I need the lines below from the one with "update_existing_file FL c lines ≡" down to the one with "(front ++ back)) keys" reproduced exactly, both ends included, and nothing else.

[Saved entries]
-- Opening Marker --

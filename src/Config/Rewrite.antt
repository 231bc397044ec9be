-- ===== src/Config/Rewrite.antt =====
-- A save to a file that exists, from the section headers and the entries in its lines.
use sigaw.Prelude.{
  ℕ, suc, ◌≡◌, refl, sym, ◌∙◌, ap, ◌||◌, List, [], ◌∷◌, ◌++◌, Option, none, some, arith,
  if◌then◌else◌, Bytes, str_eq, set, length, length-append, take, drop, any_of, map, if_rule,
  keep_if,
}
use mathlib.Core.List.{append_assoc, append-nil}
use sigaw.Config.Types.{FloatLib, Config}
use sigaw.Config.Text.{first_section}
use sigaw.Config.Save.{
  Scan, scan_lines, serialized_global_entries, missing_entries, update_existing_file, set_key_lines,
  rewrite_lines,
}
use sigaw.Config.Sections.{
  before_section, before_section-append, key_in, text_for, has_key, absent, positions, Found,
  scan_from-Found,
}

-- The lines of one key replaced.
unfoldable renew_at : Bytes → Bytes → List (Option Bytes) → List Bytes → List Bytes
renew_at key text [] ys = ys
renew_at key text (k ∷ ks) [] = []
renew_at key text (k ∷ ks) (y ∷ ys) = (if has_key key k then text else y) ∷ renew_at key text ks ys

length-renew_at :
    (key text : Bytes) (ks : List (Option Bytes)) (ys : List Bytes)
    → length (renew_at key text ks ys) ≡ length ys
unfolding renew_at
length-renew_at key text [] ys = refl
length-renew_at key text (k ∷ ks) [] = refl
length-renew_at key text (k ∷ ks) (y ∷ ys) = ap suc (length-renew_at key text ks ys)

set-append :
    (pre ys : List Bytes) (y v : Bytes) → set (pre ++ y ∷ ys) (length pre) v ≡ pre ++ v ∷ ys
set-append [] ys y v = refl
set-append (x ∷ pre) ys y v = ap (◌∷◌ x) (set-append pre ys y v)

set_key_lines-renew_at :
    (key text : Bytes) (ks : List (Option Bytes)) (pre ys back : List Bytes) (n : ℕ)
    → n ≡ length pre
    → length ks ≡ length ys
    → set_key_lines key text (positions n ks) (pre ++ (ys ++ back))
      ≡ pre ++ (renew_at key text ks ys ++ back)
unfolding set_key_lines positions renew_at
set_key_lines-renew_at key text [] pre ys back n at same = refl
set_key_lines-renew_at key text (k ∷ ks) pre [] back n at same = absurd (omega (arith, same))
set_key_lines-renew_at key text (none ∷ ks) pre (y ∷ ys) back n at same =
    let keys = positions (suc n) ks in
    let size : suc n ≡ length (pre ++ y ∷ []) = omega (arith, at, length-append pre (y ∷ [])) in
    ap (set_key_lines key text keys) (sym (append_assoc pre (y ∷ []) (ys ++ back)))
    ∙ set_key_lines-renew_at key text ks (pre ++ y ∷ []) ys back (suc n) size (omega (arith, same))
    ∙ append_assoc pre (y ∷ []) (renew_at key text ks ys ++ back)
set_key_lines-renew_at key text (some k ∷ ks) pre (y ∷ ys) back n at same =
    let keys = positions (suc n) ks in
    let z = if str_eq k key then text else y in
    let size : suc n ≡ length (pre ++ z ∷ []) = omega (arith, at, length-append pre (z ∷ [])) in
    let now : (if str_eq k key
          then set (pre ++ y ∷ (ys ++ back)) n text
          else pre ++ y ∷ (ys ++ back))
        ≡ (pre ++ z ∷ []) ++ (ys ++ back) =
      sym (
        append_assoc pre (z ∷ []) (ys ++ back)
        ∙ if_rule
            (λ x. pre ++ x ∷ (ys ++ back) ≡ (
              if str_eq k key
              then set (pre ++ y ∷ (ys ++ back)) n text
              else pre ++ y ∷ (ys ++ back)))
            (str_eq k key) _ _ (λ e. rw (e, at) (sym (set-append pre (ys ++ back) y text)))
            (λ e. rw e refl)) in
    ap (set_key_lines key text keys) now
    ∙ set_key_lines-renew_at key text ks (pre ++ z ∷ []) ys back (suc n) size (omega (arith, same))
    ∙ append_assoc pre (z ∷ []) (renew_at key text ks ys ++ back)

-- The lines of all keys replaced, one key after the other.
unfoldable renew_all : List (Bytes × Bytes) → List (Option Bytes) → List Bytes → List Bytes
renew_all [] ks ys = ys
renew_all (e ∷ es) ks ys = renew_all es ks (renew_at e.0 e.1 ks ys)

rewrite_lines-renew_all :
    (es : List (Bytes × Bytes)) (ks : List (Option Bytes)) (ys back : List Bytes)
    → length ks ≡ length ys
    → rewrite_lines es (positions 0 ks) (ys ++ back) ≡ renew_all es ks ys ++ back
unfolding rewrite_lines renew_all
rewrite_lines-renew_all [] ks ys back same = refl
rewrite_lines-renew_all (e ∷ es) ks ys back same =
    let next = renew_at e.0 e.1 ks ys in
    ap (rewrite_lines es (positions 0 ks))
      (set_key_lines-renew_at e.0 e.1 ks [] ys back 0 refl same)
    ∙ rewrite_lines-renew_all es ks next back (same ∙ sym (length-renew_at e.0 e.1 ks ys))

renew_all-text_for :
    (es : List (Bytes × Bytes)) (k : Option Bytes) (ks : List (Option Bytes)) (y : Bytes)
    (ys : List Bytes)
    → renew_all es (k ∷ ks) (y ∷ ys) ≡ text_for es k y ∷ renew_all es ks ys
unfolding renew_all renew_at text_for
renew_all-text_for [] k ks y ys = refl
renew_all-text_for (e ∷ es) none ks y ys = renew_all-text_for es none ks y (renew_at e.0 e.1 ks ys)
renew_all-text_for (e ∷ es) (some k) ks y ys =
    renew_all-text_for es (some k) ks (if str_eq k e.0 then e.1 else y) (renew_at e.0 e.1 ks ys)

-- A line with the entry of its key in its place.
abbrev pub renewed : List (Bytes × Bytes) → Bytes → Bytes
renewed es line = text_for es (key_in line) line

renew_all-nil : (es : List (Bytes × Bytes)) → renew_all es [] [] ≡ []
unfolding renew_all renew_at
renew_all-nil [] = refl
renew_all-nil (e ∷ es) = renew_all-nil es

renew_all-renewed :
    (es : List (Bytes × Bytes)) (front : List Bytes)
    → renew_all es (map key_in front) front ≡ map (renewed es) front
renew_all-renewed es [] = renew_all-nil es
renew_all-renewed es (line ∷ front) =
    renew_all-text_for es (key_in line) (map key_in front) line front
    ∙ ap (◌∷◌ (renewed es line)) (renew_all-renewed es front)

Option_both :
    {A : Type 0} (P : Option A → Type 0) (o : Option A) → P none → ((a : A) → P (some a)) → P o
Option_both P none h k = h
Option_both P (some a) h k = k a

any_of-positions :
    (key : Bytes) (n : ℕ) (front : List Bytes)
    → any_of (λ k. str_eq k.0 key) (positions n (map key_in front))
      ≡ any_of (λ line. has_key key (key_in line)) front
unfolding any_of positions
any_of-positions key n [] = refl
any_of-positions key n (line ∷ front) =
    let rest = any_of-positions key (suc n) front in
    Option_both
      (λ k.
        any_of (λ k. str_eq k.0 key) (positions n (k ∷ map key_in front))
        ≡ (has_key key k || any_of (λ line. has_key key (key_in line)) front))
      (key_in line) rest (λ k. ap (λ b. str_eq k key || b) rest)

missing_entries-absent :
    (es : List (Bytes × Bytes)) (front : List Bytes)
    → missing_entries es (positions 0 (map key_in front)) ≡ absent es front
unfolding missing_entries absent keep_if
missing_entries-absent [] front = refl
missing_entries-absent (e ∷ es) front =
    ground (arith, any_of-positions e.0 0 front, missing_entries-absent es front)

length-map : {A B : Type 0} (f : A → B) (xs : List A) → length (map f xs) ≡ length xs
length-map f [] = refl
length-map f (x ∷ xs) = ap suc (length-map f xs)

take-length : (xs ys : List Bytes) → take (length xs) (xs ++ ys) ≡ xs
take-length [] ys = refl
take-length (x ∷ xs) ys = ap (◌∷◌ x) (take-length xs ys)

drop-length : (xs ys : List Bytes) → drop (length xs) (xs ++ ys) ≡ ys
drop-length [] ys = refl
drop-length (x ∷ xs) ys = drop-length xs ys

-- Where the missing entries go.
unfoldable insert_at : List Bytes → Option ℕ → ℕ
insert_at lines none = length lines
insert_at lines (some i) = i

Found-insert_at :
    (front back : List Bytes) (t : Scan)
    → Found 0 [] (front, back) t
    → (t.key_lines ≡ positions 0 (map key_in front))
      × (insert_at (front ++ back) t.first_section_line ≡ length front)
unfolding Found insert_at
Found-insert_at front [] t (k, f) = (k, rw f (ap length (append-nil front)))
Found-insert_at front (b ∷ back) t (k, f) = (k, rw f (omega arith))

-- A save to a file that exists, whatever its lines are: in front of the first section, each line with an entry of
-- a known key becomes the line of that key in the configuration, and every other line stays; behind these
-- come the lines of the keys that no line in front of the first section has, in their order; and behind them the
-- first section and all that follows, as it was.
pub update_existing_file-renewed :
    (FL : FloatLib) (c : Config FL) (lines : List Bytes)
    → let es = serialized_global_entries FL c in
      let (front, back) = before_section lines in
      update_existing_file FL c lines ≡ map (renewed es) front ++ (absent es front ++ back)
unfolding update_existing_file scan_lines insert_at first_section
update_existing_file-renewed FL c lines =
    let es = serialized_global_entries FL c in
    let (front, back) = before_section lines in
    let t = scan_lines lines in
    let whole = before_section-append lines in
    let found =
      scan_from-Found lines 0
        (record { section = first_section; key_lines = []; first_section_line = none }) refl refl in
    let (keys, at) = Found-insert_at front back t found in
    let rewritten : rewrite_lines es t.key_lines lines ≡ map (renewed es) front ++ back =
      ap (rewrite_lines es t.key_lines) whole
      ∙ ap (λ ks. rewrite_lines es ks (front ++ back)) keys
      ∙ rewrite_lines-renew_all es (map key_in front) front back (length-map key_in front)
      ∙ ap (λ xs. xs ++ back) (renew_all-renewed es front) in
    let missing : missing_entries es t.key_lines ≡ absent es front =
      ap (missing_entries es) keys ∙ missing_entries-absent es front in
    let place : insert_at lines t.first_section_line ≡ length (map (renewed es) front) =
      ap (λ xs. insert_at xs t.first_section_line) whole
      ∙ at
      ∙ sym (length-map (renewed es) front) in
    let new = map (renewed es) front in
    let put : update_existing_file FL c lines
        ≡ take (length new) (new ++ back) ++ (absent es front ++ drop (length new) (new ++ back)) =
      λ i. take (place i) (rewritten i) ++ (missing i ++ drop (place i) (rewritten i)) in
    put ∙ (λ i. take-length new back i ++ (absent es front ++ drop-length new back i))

-- Closing Marker --
-- Opening Marker --

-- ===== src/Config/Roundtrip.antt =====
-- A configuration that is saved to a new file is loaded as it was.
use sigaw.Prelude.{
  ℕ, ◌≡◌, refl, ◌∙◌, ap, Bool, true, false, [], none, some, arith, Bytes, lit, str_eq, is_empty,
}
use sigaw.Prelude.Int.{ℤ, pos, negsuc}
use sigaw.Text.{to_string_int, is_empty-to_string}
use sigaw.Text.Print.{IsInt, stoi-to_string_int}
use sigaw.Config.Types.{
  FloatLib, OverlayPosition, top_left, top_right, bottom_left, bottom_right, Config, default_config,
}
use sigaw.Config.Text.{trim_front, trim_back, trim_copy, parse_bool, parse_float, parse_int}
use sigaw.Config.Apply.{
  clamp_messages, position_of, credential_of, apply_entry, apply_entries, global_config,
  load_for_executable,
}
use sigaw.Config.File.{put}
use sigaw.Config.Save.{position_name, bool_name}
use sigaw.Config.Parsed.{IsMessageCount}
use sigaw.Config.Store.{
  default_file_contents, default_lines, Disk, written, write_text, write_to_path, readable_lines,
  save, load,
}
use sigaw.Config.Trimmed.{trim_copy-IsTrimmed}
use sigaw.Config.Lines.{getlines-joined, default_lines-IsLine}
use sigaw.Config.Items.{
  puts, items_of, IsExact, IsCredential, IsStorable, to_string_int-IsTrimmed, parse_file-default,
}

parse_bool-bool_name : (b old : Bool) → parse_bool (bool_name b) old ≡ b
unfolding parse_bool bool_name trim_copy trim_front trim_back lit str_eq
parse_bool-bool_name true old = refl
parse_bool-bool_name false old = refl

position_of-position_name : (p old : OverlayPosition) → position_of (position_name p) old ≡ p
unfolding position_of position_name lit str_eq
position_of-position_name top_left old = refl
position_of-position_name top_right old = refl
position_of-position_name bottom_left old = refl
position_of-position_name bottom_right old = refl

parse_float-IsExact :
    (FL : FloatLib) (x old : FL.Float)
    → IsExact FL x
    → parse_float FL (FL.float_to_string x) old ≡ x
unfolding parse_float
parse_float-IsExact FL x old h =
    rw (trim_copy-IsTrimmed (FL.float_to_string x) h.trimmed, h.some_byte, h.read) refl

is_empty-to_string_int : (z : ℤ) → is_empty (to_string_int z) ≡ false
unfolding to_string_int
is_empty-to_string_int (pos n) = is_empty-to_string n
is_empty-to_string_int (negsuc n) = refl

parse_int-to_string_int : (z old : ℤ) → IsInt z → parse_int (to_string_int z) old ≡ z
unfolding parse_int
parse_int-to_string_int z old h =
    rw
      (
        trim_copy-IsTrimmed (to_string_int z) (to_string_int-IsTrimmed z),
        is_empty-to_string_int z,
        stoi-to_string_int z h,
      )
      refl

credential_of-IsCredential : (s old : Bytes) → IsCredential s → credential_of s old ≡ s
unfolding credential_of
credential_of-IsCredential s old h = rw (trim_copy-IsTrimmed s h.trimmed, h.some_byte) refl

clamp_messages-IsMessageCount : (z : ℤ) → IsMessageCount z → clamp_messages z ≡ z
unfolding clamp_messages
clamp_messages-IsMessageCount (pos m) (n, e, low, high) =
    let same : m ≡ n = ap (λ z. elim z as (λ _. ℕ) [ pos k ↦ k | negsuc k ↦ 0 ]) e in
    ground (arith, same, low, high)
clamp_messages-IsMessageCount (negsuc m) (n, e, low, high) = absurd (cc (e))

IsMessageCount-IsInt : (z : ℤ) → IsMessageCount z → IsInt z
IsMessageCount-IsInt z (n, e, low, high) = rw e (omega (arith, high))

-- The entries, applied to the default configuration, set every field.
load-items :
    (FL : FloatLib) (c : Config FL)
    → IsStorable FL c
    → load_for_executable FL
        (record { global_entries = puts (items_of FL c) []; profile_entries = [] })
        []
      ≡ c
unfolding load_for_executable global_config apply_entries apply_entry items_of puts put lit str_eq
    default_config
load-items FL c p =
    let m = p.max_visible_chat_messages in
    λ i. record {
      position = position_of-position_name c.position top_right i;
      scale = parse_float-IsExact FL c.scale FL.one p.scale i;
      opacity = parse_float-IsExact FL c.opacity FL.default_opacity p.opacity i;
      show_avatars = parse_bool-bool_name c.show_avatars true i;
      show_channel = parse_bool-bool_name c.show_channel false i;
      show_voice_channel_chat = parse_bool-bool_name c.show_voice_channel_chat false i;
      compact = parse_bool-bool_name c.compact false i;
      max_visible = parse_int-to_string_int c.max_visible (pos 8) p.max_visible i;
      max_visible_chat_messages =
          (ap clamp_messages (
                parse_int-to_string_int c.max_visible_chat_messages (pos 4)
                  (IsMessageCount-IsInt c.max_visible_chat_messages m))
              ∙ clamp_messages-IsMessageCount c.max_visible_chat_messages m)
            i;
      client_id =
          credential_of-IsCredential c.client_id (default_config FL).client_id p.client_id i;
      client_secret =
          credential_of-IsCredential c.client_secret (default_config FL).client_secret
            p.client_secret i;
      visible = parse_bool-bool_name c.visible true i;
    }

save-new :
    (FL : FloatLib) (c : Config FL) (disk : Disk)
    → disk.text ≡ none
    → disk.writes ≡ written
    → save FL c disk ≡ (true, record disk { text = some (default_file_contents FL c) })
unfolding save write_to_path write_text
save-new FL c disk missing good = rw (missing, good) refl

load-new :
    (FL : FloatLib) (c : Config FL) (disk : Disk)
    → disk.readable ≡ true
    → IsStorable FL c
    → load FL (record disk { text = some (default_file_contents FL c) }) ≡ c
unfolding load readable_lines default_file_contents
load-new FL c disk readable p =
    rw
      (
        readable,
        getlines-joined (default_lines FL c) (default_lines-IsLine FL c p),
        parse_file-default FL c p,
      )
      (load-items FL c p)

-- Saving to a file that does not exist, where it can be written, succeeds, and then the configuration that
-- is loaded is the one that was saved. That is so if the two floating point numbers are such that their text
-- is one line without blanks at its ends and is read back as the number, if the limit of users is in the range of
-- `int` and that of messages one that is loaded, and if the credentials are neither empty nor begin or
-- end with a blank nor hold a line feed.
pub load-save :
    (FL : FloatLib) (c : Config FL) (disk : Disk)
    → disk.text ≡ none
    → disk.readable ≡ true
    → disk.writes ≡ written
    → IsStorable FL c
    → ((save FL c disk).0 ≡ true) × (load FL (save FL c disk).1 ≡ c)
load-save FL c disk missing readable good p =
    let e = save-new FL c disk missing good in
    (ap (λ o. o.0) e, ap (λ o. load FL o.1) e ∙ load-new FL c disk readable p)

-- Closing Marker --

Answer section.
      update_existing_file FL c lines ≡ map (renewed es) front ++ (absent es front ++ back)
unfolding update_existing_file scan_lines insert_at first_section
update_existing_file-renewed FL c lines =
    let es = serialized_global_entries FL c in
    let (front, back) = before_section lines in
    let t = scan_lines lines in
    let whole = before_section-append lines in
    let found =
      scan_from-Found lines 0
        (record { section = first_section; key_lines = []; first_section_line = none }) refl refl in
    let (keys, at) = Found-insert_at front back t found in
    let rewritten : rewrite_lines es t.key_lines lines ≡ map (renewed es) front ++ back =
      ap (rewrite_lines es t.key_lines) whole
      ∙ ap (λ ks. rewrite_lines es ks (front ++ back)) keys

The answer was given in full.